# Pic of my tank



## alexandar75 (Dec 18, 2007)

Size: 70'' long x 26'' h x 24'' width. 
Lighting: 8 x 48'' T5 bulbs ( 312 w) 3 x philips daylight, 3 x philips aquarelle, 2 x osram lumilux (pale yellow light), and 8 electronic chokes.
Substrate: 25% black peat, 31% white peat, 5% compost from bark, 21% wood fiber, lava granules, clay minerals Substrate Ph 6.0
No CO2, no ferts.


----------



## ju5tin95 (Nov 25, 2008)

nice tank bro!


----------



## FEEFA (Nov 19, 2007)

Your tank looks great Alex, how long have you had it and your p's?


----------



## alexandar75 (Dec 18, 2007)

I had the first tank in the sixth year







, and piranhas for last two years!


----------



## His Majesty (Apr 5, 2005)

thats a great looking setup







very nice looking


----------



## THE BLACK PIRANHA (Dec 8, 2003)

Love the tank


----------



## alexandar75 (Dec 18, 2007)

Thank you friends thank you! You can not imagine how much I like piranhas!!! I'm givin' my best with them. I'm planning this year to go on the trip to Brazil on holiday, so let the God help me...


----------



## alexandar75 (Dec 18, 2007)

To bite me? No, they are such a good creatures ...

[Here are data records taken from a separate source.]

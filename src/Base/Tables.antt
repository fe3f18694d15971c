-- ===== src/Base/Tables.antt =====
-- Tables of a database as lists of rows in insertion order (`ORDER BY rowid`).
use parliament.Base.{
  ◌≡◌, refl, List, [], ◌∷◌, ◌++◌, Bool, true, false, none, some, find, if◌then◌else◌, Bool-cases,
  inl, inr, subst, ap, any, ||-eq-false, ◌||◌, some-eq, sym, ◌∙◌,
}

module _ {ℓ} {A : Type ℓ} where
  -- `UPDATE … SET … WHERE …`: every row that passes the test is rewritten in its place.
  abbrev pub update_where : (A → Bool) → (A → A) → List A → List A
  update_where p f [] = []
  update_where p f (x ∷ xs) = (if p x then f x else x) ∷ update_where p f xs

  -- An update that selects no row changes none.
  pub update_where-none :
      (p : A → Bool) (f : A → A) (xs : List A) → find p xs ≡ none → update_where p f xs ≡ xs
  update_where-none p f [] h = refl
  update_where-none p f (x ∷ xs) h = elim (Bool-cases (p x)) [
    | inl here ↦ absurd (let h' = rw here at h in cc)
    | inr other ↦ rw other (ap (◌∷◌ x) (update_where-none p f xs (rw other at h)))
  ]

  -- A row that is found passes the test.
  pub find-some : (p : A → Bool) (xs : List A) {a : A} → find p xs ≡ some a → p a ≡ true
  find-some p [] h = absurd (let h' = h in cc)
  find-some p (x ∷ xs) {a} h = elim (Bool-cases (p x)) [
    | inl here ↦ subst (λ y. p y ≡ true) (some-eq (rw here at h)) here
    | inr other ↦ find-some p xs (rw other at h)
  ]

  -- No row passes a test for which nothing is found.
  pub any-find : (p : A → Bool) (xs : List A) → any p xs ≡ false → find p xs ≡ none
  any-find p [] h = refl
  any-find p (x ∷ xs) h =
      let (here, later) = ||-eq-false (p x) (any p xs) h in rw here (any-find p xs later)

  pub any-append : (p : A → Bool) (xs ys : List A) → any p (xs ++ ys) ≡ any p xs || any p ys
  any-append p [] ys = refl
  any-append p (x ∷ xs) ys = rw (any-append p xs ys) (or_assoc (p x) (any p xs) (any p ys))
    where
      or_assoc : (a b c : Bool) → (a || (b || c)) ≡ ((a || b) || c)
      or_assoc true b c = refl
      or_assoc false b c = refl

  -- A row that is found and passes another test makes that test hold somewhere.
  pub find-any :
      (p q : A → Bool) (xs : List A) {a : A} → find p xs ≡ some a → q a ≡ true → any q xs ≡ true
  find-any p q [] h k = absurd (let h' = h in cc)
  find-any p q (x ∷ xs) {a} h k = elim (Bool-cases (p x)) [
    | inl here ↦ rw (subst (λ y. q y ≡ true) (sym (some-eq (rw here at h))) k) refl
    | inr other ↦ rw (find-any p q xs (rw other at h) k) (or-true (q x))
  ]
    where
      or-true : (b : Bool) → (b || true) ≡ true
      or-true true = refl
      or-true false = refl

  -- An update that keeps its test rewrites the row that the test finds.
  pub find-update_where :
      (p : A → Bool) (f : A → A) (xs : List A) {a : A}
      → ((x : A) → p (f x) ≡ p x)
      → find p xs ≡ some a
      → find p (update_where p f xs) ≡ some (f a)
  find-update_where p f [] keeps h = absurd (let h' = h in cc)
  find-update_where p f (x ∷ xs) {a} keeps h = elim (Bool-cases (p x)) [
    | inl here ↦ rw (here, keeps x ∙ here) (ap (λ y. some (f y)) (some-eq (rw here at h)))
    | inr other ↦ rw (other, other) (find-update_where p f xs keeps (rw other at h))
  ]

  -- What another test finds, which fails on every row rewritten, stays.
  pub find-update_where_ne :
      (p q : A → Bool) (f : A → A) (xs : List A)
      → ((x : A) → p x ≡ true → (q x ≡ false) × (q (f x) ≡ false))
      → find q (update_where p f xs) ≡ find q xs
  find-update_where_ne p q f [] apart = refl
  find-update_where_ne p q f (x ∷ xs) apart = elim (Bool-cases (p x)) [
    | inl here ↦ let (a, b) = apart x here in rw (here, a, b) (find-update_where_ne p q f xs apart)
    | inr other ↦
        rw other (ap (λ r. if q x then some x else r) (find-update_where_ne p q f xs apart))
  ]

  pub find-append_new :
      (p : A → Bool) (xs : List A) (a : A)
      → find p xs ≡ none
      → p a ≡ true
      → find p (xs ++ a ∷ []) ≡ some a
  find-append_new p [] a h k = rw k refl
  find-append_new p (x ∷ xs) a h k = elim (Bool-cases (p x)) [
    | inl here ↦ absurd (let h' = rw here at h in cc)
    | inr other ↦ rw other (find-append_new p xs a (rw other at h) k)
  ]

  pub find-append_ne :
      (p : A → Bool) (xs : List A) (a : A) → p a ≡ false → find p (xs ++ a ∷ []) ≡ find p xs
  find-append_ne p [] a k = rw k refl
  find-append_ne p (x ∷ xs) a k = ap (λ r. if p x then some x else r) (find-append_ne p xs a k)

this is how my tank looked at the beginning:
left corner,









and right corner...


----------



## jp80911 (Apr 3, 2008)

nice tank, did all those grow from what you started with?


----------



## alexandar75 (Dec 18, 2007)

Yes, just like that!


----------



## bigshawn (Dec 29, 2005)

Love the tank, be carefull with your fingers


----------



## Jared35 (Sep 15, 2009)

Ever had a cat? Did you ever pet that cat to much and eventually it had enough of your sh*t and it was all claws and teeth? Be careful when putting your hand in there just because you trust them doesn't mean they won't eventually bite. That is still a wild animal you are dealing with. Anyway the tank looks amazing man keep up the good work


----------



## Soul Assassin (Nov 21, 2006)

NIce tank without ferts adn co2


----------



## lifeguarden (Jun 21, 2008)

looks brilliant!!


----------



## notaverage (Sep 10, 2005)

Is your lighting home made or a store bought fixture?
I'm trying to put something together for this tank.

crappy cell pics...the drift wood isn't in place this was just after planting the 2 plants

View attachment 190690


View attachment 190691


I just added the sword and crypt tonight.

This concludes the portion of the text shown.